Essa troca de papeis
entre as atrizes e as interpretações das mesmas cria um benéfico distanciamento
que evita que o drama apresentado se transforme em um melodrama, mas ao mesmo
tempo faz com que a emoção floresça no público.
Guida Vianna, grande
atriz brasileira, infelizmente pouco presente nos palcos paulistanos, nos
brinda com duas interpretações estupendas: extrovertida e pró ativa como a mãe
Elisa e contida e calma como a filha Antonia.
Silvia Buarque tem
talento à altura de sua companheira de cena vivendo a contida Antonia na
primeira parte e a descontraída Helena na segunda.
Não se trata de um
duelo de talentos, mas sim de um jogo cênico onde uma atriz complementa a outra
nos diálogos ágeis de Daniela Pereira de Carvalho. Um verdadeiro privilégio
para quem tem oportunidade de testemunhar esses momentos do mais puro teatro.
A direção de Leonardo
Netto é focada no trabalho dessas grandes atrizes auxiliado pelo sugestivo
cenário de Ronald Teixeira formado por um vasto espelho ao fundo, cadeiras e
muita folha seca no chão. A iluminação de Paulo Cesar Medeiros direciona o foco
nos monólogos das personagens.
Talvez seja cedo para afirmar, mas arrisco dizer que estamos diante do melhor espetáculo do ano.

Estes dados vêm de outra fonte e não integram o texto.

-- ===== src/Osd/Frame/Mark.antt =====
-- Which bytes the mark of `addOsd` whitens.
use jrtplib4android.Prelude.{
  ℕ, zero, suc, ◌+◌, ◌<◌, ◌≤◌, ◌≡◌, ◌≢◌, refl, sym, ap, ◌∙◌, ◌⊎◌, inl, inr, some, List, [], ◌∷◌,
  arith, length, get_elem?, set, length-set, get_elem?-set_self, get_elem?-set_ne, ℕ_discrete,
}
use jrtplib4android.Prelude.Bytes.{put-in}
use jrtplib4android.Osd.Frame.{draw_point, draw_row}

-- The bytes that `P` tells of are white afterwards, and no other byte has changed.
pub record Draws (P : ℕ → Type 0) (before after : List ℕ) : Type 0 where
  pub same_size : length after ≡ length before
  pub white : (q : ℕ) → P q → get_elem? after q ≡ some 235
  pub other : (q : ℕ) → P q ⊎ (get_elem? after q ≡ get_elem? before q)

pub Draws-both :
    (P Q : ℕ → Type 0) (before middle after : List ℕ)
    → Draws P before middle
    → Draws Q middle after
    → Draws (λ q. P q ⊎ Q q) before after
Draws-both P Q before middle after f g = record {
  same_size = g.same_size ∙ f.same_size;
  white = white;
  other = other;
}
  where
    white : (q : ℕ) → P q ⊎ Q q → get_elem? after q ≡ some 235
    white q (inl p) = elim (g.other q) [ inl r ↦ g.white q r | inr e ↦ e ∙ f.white q p ]
    white q (inr r) = g.white q r

    other : (q : ℕ) → (P q ⊎ Q q) ⊎ (get_elem? after q ≡ get_elem? before q)
    other q = elim (g.other q) [
      | inl r ↦ inl (inr r)
      | inr e ↦ elim (f.other q) [ inl p ↦ inl (inl p) | inr d ↦ inr (e ∙ d) ]
    ]

pub Draws-iff :
    (P Q : ℕ → Type 0) (before after : List ℕ)
    → ((q : ℕ) → P q → Q q)
    → ((q : ℕ) → Q q → P q)
    → Draws P before after
    → Draws Q before after
Draws-iff P Q before after to from f = record {
  same_size = f.same_size;
  white = λ q h. f.white q (from q h);
  other = λ q. elim (f.other q) [ inl p ↦ inl (to q p) | inr e ↦ inr e ];
}

-- The points of a row that are set, as places in the frame.
abbrev pub RowPoint : List ℕ → ℕ → ℕ → Type 0
RowPoint points at q = (k p : ℕ) × (get_elem? points k ≡ some p) × (p ≢ 0) × (q ≡ at + k)

point-Draws :
    (p at : ℕ) (dest : List ℕ)
    → at < length dest
    → (e : List ℕ) × (draw_point p at dest ≡ some e) × Draws (λ q. (p ≢ 0) × (q ≡ at)) dest e
unfolding draw_point
point-Draws zero at dest h = (
  dest,
  refl,
  record { same_size = refl; white = λ q w. absurd (w.0 refl); other = λ q. inr refl },
)
point-Draws (suc p) at dest h = (
  set dest at 235,
  let written = put-in dest at 235 h in ground arith,
  record {
    same_size = length-set dest at 235;
    white = λ q w. ap (λ i. get_elem? (set dest at 235) i) w.1 ∙ get_elem?-set_self dest at 235 h;
    other = λ q. elim (ℕ_discrete q at) [
      | yes e ↦ inl ((λ z. absurd (omega (arith, z))), e)
      | no n ↦ inr (get_elem?-set_ne dest 235 (λ e. n (sym e)))
    ];
  },
)

pub row-Draws :
    (points : List ℕ) (at : ℕ) (dest : List ℕ)
    → at + length points ≤ length dest
    → (e : List ℕ) × (draw_row points at dest ≡ some e) × Draws (RowPoint points at) dest e
unfolding draw_row
row-Draws [] at dest h = (
  dest,
  refl,
  record {
    same_size = refl;
    white = λ q w. let (k, p, there, n, e) = w in absurd (ground arith);
    other = λ q. inr refl;
  },
)
row-Draws (p ∷ ps) at dest h =
    let (d, ran, first) = point-Draws p at dest (omega arith) in
    let (e, rest, more) = row-Draws ps (at + 1) d (omega (arith, first.same_size)) in
    (
      e,
      rw ran rest,
      Draws-iff (λ q. ((p ≢ 0) × (q ≡ at)) ⊎ RowPoint ps (at + 1) q) (RowPoint (p ∷ ps) at) dest e
          to from (Draws-both (λ q. (p ≢ 0) × (q ≡ at)) (RowPoint ps (at + 1)) dest d e first more),
    )
  where
    to : (q : ℕ) → ((p ≢ 0) × (q ≡ at)) ⊎ RowPoint ps (at + 1) q → RowPoint (p ∷ ps) at q
    to q (inl (n, e)) = (0, p, refl, n, omega arith)
    to q (inr (k, r, there, n, e)) = (suc k, r, there, n, omega arith)

    from : (q : ℕ) → RowPoint (p ∷ ps) at q → ((p ≢ 0) × (q ≡ at)) ⊎ RowPoint ps (at + 1) q
    from q (zero, r, there, n, e) = inl (ground arith, omega arith)
    from q (suc k, r, there, n, e) = inr (k, r, there, n, omega arith)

Vai ser difícil suplantar a qualidade da perspicaz dramaturgia de Daniela Pereira de Carvalho, da excelente tradução cênica de Leonardo Netto que nunca resvala para o melodramático e da presença luminosa em estado de graça de Guida Vianna e Silvia Buarque.
A
MENINA ESCORRENDO DOS OLHOS DA MÃE está em cartaz no SESC Pinheiros SOMENTE até
27 de julho com apenas três sessões por semana (quinta a sábado às 20h).
VOCÊ
VAI PERDER ESSE MOMENTO MÁGICO DE PURO TEATRO?